▶ _WHAT TO DO_
Each line from the start of the listing below through the line containing "abbrev pub IsQuiet : Driver → Type 0" should be reproduced exactly, with no others.

▶ _RECORD EXCERPTS_
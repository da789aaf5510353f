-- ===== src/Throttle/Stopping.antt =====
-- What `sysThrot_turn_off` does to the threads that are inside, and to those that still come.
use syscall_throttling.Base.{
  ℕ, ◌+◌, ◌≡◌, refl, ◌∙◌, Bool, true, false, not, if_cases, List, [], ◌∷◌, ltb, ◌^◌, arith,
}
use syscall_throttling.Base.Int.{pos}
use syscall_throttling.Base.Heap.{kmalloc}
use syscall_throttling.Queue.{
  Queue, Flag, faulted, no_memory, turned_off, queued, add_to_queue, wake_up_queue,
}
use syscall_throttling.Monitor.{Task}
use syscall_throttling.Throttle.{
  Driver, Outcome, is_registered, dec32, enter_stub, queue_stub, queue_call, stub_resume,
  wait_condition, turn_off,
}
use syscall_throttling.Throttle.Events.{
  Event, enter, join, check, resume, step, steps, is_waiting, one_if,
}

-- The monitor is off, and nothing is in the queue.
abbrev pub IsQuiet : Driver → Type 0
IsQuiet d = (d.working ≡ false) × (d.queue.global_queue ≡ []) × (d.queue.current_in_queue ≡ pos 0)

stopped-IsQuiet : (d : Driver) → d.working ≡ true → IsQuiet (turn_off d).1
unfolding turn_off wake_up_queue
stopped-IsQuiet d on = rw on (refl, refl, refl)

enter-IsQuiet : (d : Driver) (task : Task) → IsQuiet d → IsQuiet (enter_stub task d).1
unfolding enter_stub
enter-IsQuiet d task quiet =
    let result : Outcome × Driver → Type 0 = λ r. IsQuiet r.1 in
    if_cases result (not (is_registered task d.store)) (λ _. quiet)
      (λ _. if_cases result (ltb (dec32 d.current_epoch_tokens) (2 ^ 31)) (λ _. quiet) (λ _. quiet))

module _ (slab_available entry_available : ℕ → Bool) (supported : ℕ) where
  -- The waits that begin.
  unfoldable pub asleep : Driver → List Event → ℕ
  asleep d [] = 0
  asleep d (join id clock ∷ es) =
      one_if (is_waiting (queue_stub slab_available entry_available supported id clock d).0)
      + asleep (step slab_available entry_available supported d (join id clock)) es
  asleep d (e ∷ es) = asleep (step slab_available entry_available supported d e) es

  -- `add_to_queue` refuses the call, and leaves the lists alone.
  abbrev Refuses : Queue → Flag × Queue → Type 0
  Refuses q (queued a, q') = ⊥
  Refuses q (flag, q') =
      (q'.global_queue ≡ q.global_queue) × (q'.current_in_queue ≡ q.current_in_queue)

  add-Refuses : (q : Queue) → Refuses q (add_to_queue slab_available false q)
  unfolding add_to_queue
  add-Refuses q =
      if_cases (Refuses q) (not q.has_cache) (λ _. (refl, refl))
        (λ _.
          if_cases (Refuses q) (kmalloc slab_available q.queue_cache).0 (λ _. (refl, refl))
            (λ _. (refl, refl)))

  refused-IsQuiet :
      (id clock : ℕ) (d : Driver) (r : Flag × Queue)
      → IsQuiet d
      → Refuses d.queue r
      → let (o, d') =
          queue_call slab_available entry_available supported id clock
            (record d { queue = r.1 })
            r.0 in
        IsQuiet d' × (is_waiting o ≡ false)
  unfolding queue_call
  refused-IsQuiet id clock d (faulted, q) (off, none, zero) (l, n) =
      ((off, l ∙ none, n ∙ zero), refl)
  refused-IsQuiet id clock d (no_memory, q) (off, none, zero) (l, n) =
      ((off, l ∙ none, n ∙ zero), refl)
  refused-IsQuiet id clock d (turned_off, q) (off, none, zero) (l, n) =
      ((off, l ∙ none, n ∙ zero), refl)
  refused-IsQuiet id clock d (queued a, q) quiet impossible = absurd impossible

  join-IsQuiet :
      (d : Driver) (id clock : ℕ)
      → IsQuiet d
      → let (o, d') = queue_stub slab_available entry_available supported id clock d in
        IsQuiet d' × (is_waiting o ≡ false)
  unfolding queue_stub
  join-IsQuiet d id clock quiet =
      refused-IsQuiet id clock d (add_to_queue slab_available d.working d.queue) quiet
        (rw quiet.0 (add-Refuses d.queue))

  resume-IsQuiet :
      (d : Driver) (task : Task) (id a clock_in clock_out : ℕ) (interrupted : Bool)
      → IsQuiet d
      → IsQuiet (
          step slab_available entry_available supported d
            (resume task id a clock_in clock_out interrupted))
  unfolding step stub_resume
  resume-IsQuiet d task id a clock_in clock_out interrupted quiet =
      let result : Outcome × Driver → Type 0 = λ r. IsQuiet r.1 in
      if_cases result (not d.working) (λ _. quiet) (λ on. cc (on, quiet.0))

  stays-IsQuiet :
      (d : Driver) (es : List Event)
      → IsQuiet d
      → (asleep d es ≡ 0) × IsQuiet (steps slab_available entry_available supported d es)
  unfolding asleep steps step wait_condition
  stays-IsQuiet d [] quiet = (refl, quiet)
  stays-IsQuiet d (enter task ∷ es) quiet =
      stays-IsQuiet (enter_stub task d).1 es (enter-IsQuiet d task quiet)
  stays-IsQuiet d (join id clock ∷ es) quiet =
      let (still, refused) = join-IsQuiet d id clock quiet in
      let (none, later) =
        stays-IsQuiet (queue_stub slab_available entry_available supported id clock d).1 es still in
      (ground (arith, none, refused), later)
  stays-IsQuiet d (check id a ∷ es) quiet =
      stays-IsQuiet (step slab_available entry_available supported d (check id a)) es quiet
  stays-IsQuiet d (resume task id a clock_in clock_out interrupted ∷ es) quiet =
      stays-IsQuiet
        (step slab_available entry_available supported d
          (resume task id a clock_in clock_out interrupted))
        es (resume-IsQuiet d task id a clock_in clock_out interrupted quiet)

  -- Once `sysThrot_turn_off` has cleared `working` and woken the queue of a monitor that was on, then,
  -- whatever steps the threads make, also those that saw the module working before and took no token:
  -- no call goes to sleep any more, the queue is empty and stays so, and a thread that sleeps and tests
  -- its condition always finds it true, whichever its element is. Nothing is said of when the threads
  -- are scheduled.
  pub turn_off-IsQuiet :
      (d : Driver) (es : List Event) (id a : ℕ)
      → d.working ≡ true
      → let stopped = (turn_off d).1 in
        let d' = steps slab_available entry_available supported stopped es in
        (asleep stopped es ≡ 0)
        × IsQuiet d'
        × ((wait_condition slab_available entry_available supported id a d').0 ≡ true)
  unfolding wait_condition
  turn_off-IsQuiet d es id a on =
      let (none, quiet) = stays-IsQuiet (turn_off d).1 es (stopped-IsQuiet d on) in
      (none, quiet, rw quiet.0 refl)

▶ _EXPECTED OUTPUT_
repository da789aaf5510353f
-- ===== src/Throttle/Stopping.antt =====
-- What `sysThrot_turn_off` does to the threads that are inside, and to those that still come.
use syscall_throttling.Base.{
  ℕ, ◌+◌, ◌≡◌, refl, ◌∙◌, Bool, true, false, not, if_cases, List, [], ◌∷◌, ltb, ◌^◌, arith,
}
use syscall_throttling.Base.Int.{pos}
use syscall_throttling.Base.Heap.{kmalloc}
use syscall_throttling.Queue.{
  Queue, Flag, faulted, no_memory, turned_off, queued, add_to_queue, wake_up_queue,
}
use syscall_throttling.Monitor.{Task}
use syscall_throttling.Throttle.{
  Driver, Outcome, is_registered, dec32, enter_stub, queue_stub, queue_call, stub_resume,
  wait_condition, turn_off,
}
use syscall_throttling.Throttle.Events.{
  Event, enter, join, check, resume, step, steps, is_waiting, one_if,
}

-- The monitor is off, and nothing is in the queue.
abbrev pub IsQuiet : Driver → Type 0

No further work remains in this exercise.